▸ **TASK PROMPT**: The data must be copied over exactly and in full.

[[ EXERCISE INPUTS, beginning ]]

-- ===== src/Scan/World.antt =====
-- What the Celery tasks of one scan job share: the row of the job, the rows of its tasks, and what
-- Redis and Celery know of the job. An instance in memory is passed beside it.
use quipucords.Prelude.{
  ℕ, String, ◌≡◌, Bool, false, Option, none, some, List, [], ◌∷◌, arith, ◌==◌, if◌then◌else◌,
  nat_eq, string_eq, contains,
}
use mathlib.Core.Option
use quipucords.Scan.Status.{Status}
use quipucords.Scan.Handle.{Handle}
use quipucords.Scan.Task.{Task}
use quipucords.Scan.Job.{Job, JobState}

-- A value, or an exception that the caller sees.
pub data Outcome (A : Type 0) : Type 0 where
  ok : A → Outcome A
  raised : String → Outcome A

pub record World : Type 0 where
  pub job : Job
  pub tasks : List Task
  -- `caches["redis"]` at the job's key, `none` also when the key has expired.
  pub celery_task_id : Option String
  -- Whether the answer of `celery_inspect.revoked()` has the worker that asks, and its revoked ids.
  pub is_answered : Bool
  pub revoked : List String

-- `ScanTask.objects.get(id=...)`; `none` for `DoesNotExist`.
abbrev pub find_task : ℕ → List Task → Option Task
find_task i [] = none
find_task i (t ∷ ts) = if t.id == i then some t else find_task i ts

-- A write to the row with the instance's id. No code deletes a row that is being worked on.
abbrev pub put_task : Task → List Task → List Task
put_task u [] = []
put_task u (t ∷ ts) = if t.id == u.id then u ∷ ts else t ∷ put_task u ts

abbrev pub row_or : Task → Option Task → Task
row_or t none = t
row_or t (some r) = r

-- A method of an instance of `ScanTask`.
unfoldable pub on_task : (Handle Task → Handle Task) → Task → World → Task × World
on_task f t w =
    let h = f (record { mem = t; row = row_or t (find_task t.id w.tasks) }) in
    (h.mem, record w { tasks = put_task h.row w.tasks })

-- A method of an instance of `ScanJob`; its result is looked at by no Celery task.
unfoldable pub on_job : (JobState → JobState × Bool) → Job → World → Job × World
on_job f j w =
    let (s, _) = f (record { job = record { mem = j; row = w.job }; tasks = w.tasks }) in
    (s.job.mem, record w { job = s.job.row; tasks = s.tasks })

-- `revoked()` may give `None`, or a dict without the worker's name.
abbrev pub celery_task_is_revoked : String → World → Outcome Bool
celery_task_is_revoked celery_task_id w =
    if w.is_answered then ok (contains celery_task_id w.revoked) else raised "TypeError or KeyError"

unfoldable pub scan_job_is_canceled : World → Outcome Bool
scan_job_is_canceled w = elim w.celery_task_id [
  | none ↦ ok false
  | some celery_task_id ↦ celery_task_is_revoked celery_task_id w
]

-- What a write leaves of the table.
pub find_task-put_task :
    (i : ℕ) (u t : Task) (ts : List Task)
    → find_task u.id ts ≡ some t
    → find_task i (put_task u ts) ≡ (if u.id == i then some u else find_task i ts)
find_task-put_task i u t [] h = cc
find_task-put_task i u t (r ∷ ts) h = ground (arith, find_task-put_task i u t ts)

pub find_task-id : (i : ℕ) (ts : List Task) (t : Task) → find_task i ts ≡ some t → t.id ≡ i
find_task-id i [] t h = cc
find_task-id i (r ∷ ts) t h = ground (arith, find_task-id i ts t)

find_task-put_self :
    (i : ℕ) (u t : Task) (ts : List Task)
    → u.id ≡ i
    → find_task i ts ≡ some t
    → find_task i (put_task u ts) ≡ some u
find_task-put_self i u t [] e h = cc
find_task-put_self i u t (r ∷ ts) e h = ground (arith, find_task-put_self i u t ts)

-- The status that is stored for a task.
abbrev pub status_of : ℕ → World → Option Status
status_of i w = Option.map (λ t. t.status) (find_task i w.tasks)

-- A method of a task stores what it makes of the row, where the task has one.
pub on_task-find :
    (f : Handle Task → Handle Task) (t row : Task) (w : World)
    → find_task t.id w.tasks ≡ some row
    → (f (record { mem = t; row = row })).row.id ≡ t.id
    → find_task t.id (on_task f t w).1.tasks ≡ some (f (record { mem = t; row = row })).row
unfolding on_task
on_task-find f t row w h same = rw h (find_task-put_self _ _ row w.tasks same h)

[[ EXERCISE INPUTS, end ]]

▸ **WRITTEN SOLUTION**:
-- ===== src/Scan/World.antt =====
-- What the Celery tasks of one scan job share: the row of the job, the rows of its tasks, and what
-- Redis and Celery know of the job. An instance in memory is passed beside it.
use quipucords.Prelude.{
  ℕ, String, ◌≡◌, Bool, false, Option, none, some, List, [], ◌∷◌, arith, ◌==◌, if◌then◌else◌,
  nat_eq, string_eq, contains,
}
use mathlib.Core.Option
use quipucords.Scan.Status.{Status}
use quipucords.Scan.Handle.{Handle}
use quipucords.Scan.Task.{Task}
use quipucords.Scan.Job.{Job, JobState}

-- A value, or an exception that the caller sees.
pub data Outcome (A : Type 0) : Type 0 where
  ok : A → Outcome A
  raised : String → Outcome A

pub record World : Type 0 where
  pub job : Job
  pub tasks : List Task
  -- `caches["redis"]` at the job's key, `none` also when the key has expired.
  pub celery_task_id : Option String
  -- Whether the answer of `celery_inspect.revoked()` has the worker that asks, and its revoked ids.
  pub is_answered : Bool
  pub revoked : List String

-- `ScanTask.objects.get(id=...)`; `none` for `DoesNotExist`.
abbrev pub find_task : ℕ → List Task → Option Task
find_task i [] = none
find_task i (t ∷ ts) = if t.id == i then some t else find_task i ts

-- A write to the row with the instance's id. No code deletes a row that is being worked on.
abbrev pub put_task : Task → List Task → List Task
put_task u [] = []
put_task u (t ∷ ts) = if t.id == u.id then u ∷ ts else t ∷ put_task u ts

abbrev pub row_or : Task → Option Task → Task
row_or t none = t
row_or t (some r) = r

-- A method of an instance of `ScanTask`.
unfoldable pub on_task : (Handle Task → Handle Task) → Task → World → Task × World
on_task f t w =
    let h = f (record { mem = t; row = row_or t (find_task t.id w.tasks) }) in
    (h.mem, record w { tasks = put_task h.row w.tasks })

-- A method of an instance of `ScanJob`; its result is looked at by no Celery task.
unfoldable pub on_job : (JobState → JobState × Bool) → Job → World → Job × World
on_job f j w =
    let (s, _) = f (record { job = record { mem = j; row = w.job }; tasks = w.tasks }) in
    (s.job.mem, record w { job = s.job.row; tasks = s.tasks })

-- `revoked()` may give `None`, or a dict without the worker's name.
abbrev pub celery_task_is_revoked : String → World → Outcome Bool
celery_task_is_revoked celery_task_id w =
    if w.is_answered then ok (contains celery_task_id w.revoked) else raised "TypeError or KeyError"

unfoldable pub scan_job_is_canceled : World → Outcome Bool
scan_job_is_canceled w = elim w.celery_task_id [
  | none ↦ ok false
  | some celery_task_id ↦ celery_task_is_revoked celery_task_id w
]

-- What a write leaves of the table.
pub find_task-put_task :
    (i : ℕ) (u t : Task) (ts : List Task)
    → find_task u.id ts ≡ some t
    → find_task i (put_task u ts) ≡ (if u.id == i then some u else find_task i ts)
find_task-put_task i u t [] h = cc
find_task-put_task i u t (r ∷ ts) h = ground (arith, find_task-put_task i u t ts)

pub find_task-id : (i : ℕ) (ts : List Task) (t : Task) → find_task i ts ≡ some t → t.id ≡ i
find_task-id i [] t h = cc
find_task-id i (r ∷ ts) t h = ground (arith, find_task-id i ts t)

find_task-put_self :
    (i : ℕ) (u t : Task) (ts : List Task)
    → u.id ≡ i
    → find_task i ts ≡ some t
    → find_task i (put_task u ts) ≡ some u
find_task-put_self i u t [] e h = cc
find_task-put_self i u t (r ∷ ts) e h = ground (arith, find_task-put_self i u t ts)

-- The status that is stored for a task.
abbrev pub status_of : ℕ → World → Option Status
status_of i w = Option.map (λ t. t.status) (find_task i w.tasks)

-- A method of a task stores what it makes of the row, where the task has one.
pub on_task-find :
    (f : Handle Task → Handle Task) (t row : Task) (w : World)
    → find_task t.id w.tasks ≡ some row
    → (f (record { mem = t; row = row })).row.id ≡ t.id
    → find_task t.id (on_task f t w).1.tasks ≡ some (f (record { mem = t; row = row })).row
unfolding on_task
on_task-find f t row w h same = rw h (find_task-put_self _ _ row w.tasks same h)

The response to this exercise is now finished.